Work instructions:
The entries are to be returned exactly as written.

Start of Block

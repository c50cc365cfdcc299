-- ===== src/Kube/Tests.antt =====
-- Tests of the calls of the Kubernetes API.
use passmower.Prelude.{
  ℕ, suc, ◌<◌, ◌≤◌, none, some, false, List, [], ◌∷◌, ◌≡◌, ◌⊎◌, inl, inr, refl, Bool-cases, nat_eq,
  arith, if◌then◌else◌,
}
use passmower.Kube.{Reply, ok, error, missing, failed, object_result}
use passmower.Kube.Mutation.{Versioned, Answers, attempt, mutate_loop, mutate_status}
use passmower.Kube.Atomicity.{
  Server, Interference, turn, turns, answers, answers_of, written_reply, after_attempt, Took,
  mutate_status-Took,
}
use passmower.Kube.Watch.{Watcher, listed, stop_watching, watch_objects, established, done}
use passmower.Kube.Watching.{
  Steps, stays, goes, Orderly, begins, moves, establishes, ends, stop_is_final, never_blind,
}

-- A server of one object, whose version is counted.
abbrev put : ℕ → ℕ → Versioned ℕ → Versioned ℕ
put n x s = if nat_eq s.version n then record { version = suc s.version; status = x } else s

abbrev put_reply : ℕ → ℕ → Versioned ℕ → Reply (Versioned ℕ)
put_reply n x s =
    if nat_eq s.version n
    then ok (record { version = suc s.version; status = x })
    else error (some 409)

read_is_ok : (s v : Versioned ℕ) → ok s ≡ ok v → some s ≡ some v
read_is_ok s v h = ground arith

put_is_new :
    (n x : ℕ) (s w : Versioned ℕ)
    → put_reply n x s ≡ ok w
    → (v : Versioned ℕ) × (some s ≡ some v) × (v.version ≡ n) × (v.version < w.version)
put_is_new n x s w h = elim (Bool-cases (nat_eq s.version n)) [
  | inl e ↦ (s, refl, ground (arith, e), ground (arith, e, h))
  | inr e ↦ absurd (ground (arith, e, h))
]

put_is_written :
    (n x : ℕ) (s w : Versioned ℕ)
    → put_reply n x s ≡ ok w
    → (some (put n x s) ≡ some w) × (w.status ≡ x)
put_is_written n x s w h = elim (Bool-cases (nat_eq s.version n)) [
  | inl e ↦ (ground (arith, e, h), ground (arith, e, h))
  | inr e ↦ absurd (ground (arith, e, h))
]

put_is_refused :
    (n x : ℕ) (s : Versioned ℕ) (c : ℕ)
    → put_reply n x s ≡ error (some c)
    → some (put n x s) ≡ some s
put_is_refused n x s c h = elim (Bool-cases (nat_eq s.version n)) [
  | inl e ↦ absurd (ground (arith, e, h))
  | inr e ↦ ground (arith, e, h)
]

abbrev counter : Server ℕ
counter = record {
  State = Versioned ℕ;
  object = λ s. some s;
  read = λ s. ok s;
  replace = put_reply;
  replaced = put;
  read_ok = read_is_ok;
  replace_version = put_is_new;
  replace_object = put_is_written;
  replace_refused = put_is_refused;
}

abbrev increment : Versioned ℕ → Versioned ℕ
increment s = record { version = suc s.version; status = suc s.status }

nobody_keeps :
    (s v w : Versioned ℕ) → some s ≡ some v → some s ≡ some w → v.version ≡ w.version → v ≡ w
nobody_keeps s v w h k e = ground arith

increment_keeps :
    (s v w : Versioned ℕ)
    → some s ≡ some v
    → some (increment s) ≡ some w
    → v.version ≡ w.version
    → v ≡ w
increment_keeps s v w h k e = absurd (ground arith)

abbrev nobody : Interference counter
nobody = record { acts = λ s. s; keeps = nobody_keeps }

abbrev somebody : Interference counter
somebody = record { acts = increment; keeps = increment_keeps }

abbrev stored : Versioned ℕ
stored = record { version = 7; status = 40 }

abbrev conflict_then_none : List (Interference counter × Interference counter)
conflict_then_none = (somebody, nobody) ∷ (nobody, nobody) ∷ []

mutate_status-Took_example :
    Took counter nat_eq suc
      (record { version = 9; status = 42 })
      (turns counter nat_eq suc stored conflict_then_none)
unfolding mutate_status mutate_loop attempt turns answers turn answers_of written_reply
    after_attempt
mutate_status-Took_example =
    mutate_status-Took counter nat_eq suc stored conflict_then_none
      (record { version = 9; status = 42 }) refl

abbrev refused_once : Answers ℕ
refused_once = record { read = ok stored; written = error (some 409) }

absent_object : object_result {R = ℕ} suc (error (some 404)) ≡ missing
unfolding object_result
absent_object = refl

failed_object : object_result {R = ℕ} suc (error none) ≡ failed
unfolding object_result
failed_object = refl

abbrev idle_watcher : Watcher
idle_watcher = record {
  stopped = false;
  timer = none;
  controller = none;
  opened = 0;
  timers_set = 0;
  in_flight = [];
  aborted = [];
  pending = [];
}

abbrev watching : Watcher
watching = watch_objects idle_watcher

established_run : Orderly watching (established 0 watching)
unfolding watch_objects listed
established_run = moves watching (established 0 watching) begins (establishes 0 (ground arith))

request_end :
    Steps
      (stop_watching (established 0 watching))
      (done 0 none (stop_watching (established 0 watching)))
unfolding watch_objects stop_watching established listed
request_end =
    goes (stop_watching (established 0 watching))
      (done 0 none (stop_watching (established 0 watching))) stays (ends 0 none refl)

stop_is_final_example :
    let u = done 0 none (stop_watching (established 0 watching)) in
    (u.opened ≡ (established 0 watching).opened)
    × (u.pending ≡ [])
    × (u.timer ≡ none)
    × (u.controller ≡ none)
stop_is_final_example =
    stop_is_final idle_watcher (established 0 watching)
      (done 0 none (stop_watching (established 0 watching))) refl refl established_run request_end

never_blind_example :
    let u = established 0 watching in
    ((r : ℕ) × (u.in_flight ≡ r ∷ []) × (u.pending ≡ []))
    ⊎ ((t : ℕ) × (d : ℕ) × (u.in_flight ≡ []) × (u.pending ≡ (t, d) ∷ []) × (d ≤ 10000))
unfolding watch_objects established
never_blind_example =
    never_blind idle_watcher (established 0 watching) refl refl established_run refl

End of Block

Solution for this exercise:
repository c50cc365cfdcc299
-- ===== src/Kube/Tests.antt =====
-- Tests of the calls of the Kubernetes API.
use passmower.Prelude.{
  ℕ, suc, ◌<◌, ◌≤◌, none, some, false, List, [], ◌∷◌, ◌≡◌, ◌⊎◌, inl, inr, refl, Bool-cases, nat_eq,
  arith, if◌then◌else◌,
}
use passmower.Kube.{Reply, ok, error, missing, failed, object_result}
use passmower.Kube.Mutation.{Versioned, Answers, attempt, mutate_loop, mutate_status}
use passmower.Kube.Atomicity.{
  Server, Interference, turn, turns, answers, answers_of, written_reply, after_attempt, Took,
  mutate_status-Took,
}
use passmower.Kube.Watch.{Watcher, listed, stop_watching, watch_objects, established, done}
use passmower.Kube.Watching.{
  Steps, stays, goes, Orderly, begins, moves, establishes, ends, stop_is_final, never_blind,
}

-- A server of one object, whose version is counted.
abbrev put : ℕ → ℕ → Versioned ℕ → Versioned ℕ
put n x s = if nat_eq s.version n then record { version = suc s.version; status = x } else s

abbrev put_reply : ℕ → ℕ → Versioned ℕ → Reply (Versioned ℕ)
put_reply n x s =
    if nat_eq s.version n
    then ok (record { version = suc s.version; status = x })
    else error (some 409)

read_is_ok : (s v : Versioned ℕ) → ok s ≡ ok v → some s ≡ some v
read_is_ok s v h = ground arith

put_is_new :
    (n x : ℕ) (s w : Versioned ℕ)
    → put_reply n x s ≡ ok w
    → (v : Versioned ℕ) × (some s ≡ some v) × (v.version ≡ n) × (v.version < w.version)
put_is_new n x s w h = elim (Bool-cases (nat_eq s.version n)) [
  | inl e ↦ (s, refl, ground (arith, e), ground (arith, e, h))
  | inr e ↦ absurd (ground (arith, e, h))
]

put_is_written :
    (n x : ℕ) (s w : Versioned ℕ)
    → put_reply n x s ≡ ok w
    → (some (put n x s) ≡ some w) × (w.status ≡ x)
put_is_written n x s w h = elim (Bool-cases (nat_eq s.version n)) [
  | inl e ↦ (ground (arith, e, h), ground (arith, e, h))
  | inr e ↦ absurd (ground (arith, e, h))
]

put_is_refused :
    (n x : ℕ) (s : Versioned ℕ) (c : ℕ)
    → put_reply n x s ≡ error (some c)
    → some (put n x s) ≡ some s
put_is_refused n x s c h = elim (Bool-cases (nat_eq s.version n)) [
  | inl e ↦ absurd (ground (arith, e, h))
  | inr e ↦ ground (arith, e, h)
]

abbrev counter : Server ℕ
counter = record {
  State = Versioned ℕ;
  object = λ s. some s;
  read = λ s. ok s;
  replace = put_reply;
  replaced = put;
  read_ok = read_is_ok;
  replace_version = put_is_new;
  replace_object = put_is_written;
  replace_refused = put_is_refused;
}

abbrev increment : Versioned ℕ → Versioned ℕ
increment s = record { version = suc s.version; status = suc s.status }

nobody_keeps :
    (s v w : Versioned ℕ) → some s ≡ some v → some s ≡ some w → v.version ≡ w.version → v ≡ w
nobody_keeps s v w h k e = ground arith

increment_keeps :
    (s v w : Versioned ℕ)
    → some s ≡ some v
    → some (increment s) ≡ some w
    → v.version ≡ w.version
    → v ≡ w
increment_keeps s v w h k e = absurd (ground arith)

abbrev nobody : Interference counter
nobody = record { acts = λ s. s; keeps = nobody_keeps }

abbrev somebody : Interference counter
somebody = record { acts = increment; keeps = increment_keeps }

abbrev stored : Versioned ℕ
stored = record { version = 7; status = 40 }

abbrev conflict_then_none : List (Interference counter × Interference counter)
conflict_then_none = (somebody, nobody) ∷ (nobody, nobody) ∷ []

mutate_status-Took_example :
    Took counter nat_eq suc
      (record { version = 9; status = 42 })
      (turns counter nat_eq suc stored conflict_then_none)
unfolding mutate_status mutate_loop attempt turns answers turn answers_of written_reply
    after_attempt
mutate_status-Took_example =
    mutate_status-Took counter nat_eq suc stored conflict_then_none
      (record { version = 9; status = 42 }) refl

abbrev refused_once : Answers ℕ
refused_once = record { read = ok stored; written = error (some 409) }

absent_object : object_result {R = ℕ} suc (error (some 404)) ≡ missing
unfolding object_result
absent_object = refl

failed_object : object_result {R = ℕ} suc (error none) ≡ failed
unfolding object_result
failed_object = refl

abbrev idle_watcher : Watcher
idle_watcher = record {
  stopped = false;
  timer = none;
  controller = none;
  opened = 0;
  timers_set = 0;
  in_flight = [];
  aborted = [];
  pending = [];
}

abbrev watching : Watcher
watching = watch_objects idle_watcher

established_run : Orderly watching (established 0 watching)
unfolding watch_objects listed
established_run = moves watching (established 0 watching) begins (establishes 0 (ground arith))

request_end :
    Steps
      (stop_watching (established 0 watching))
      (done 0 none (stop_watching (established 0 watching)))
unfolding watch_objects stop_watching established listed
request_end =
    goes (stop_watching (established 0 watching))
      (done 0 none (stop_watching (established 0 watching))) stays (ends 0 none refl)

stop_is_final_example :
    let u = done 0 none (stop_watching (established 0 watching)) in
    (u.opened ≡ (established 0 watching).opened)
    × (u.pending ≡ [])
    × (u.timer ≡ none)
    × (u.controller ≡ none)
stop_is_final_example =
    stop_is_final idle_watcher (established 0 watching)
      (done 0 none (stop_watching (established 0 watching))) refl refl established_run request_end

never_blind_example :
    let u = established 0 watching in
    ((r : ℕ) × (u.in_flight ≡ r ∷ []) × (u.pending ≡ []))
    ⊎ ((t : ℕ) × (d : ℕ) × (u.in_flight ≡ []) × (u.pending ≡ (t, d) ∷ []) × (d ≤ 10000))
unfolding watch_objects established
never_blind_example =
    never_blind idle_watcher (established 0 watching) refl refl established_run refl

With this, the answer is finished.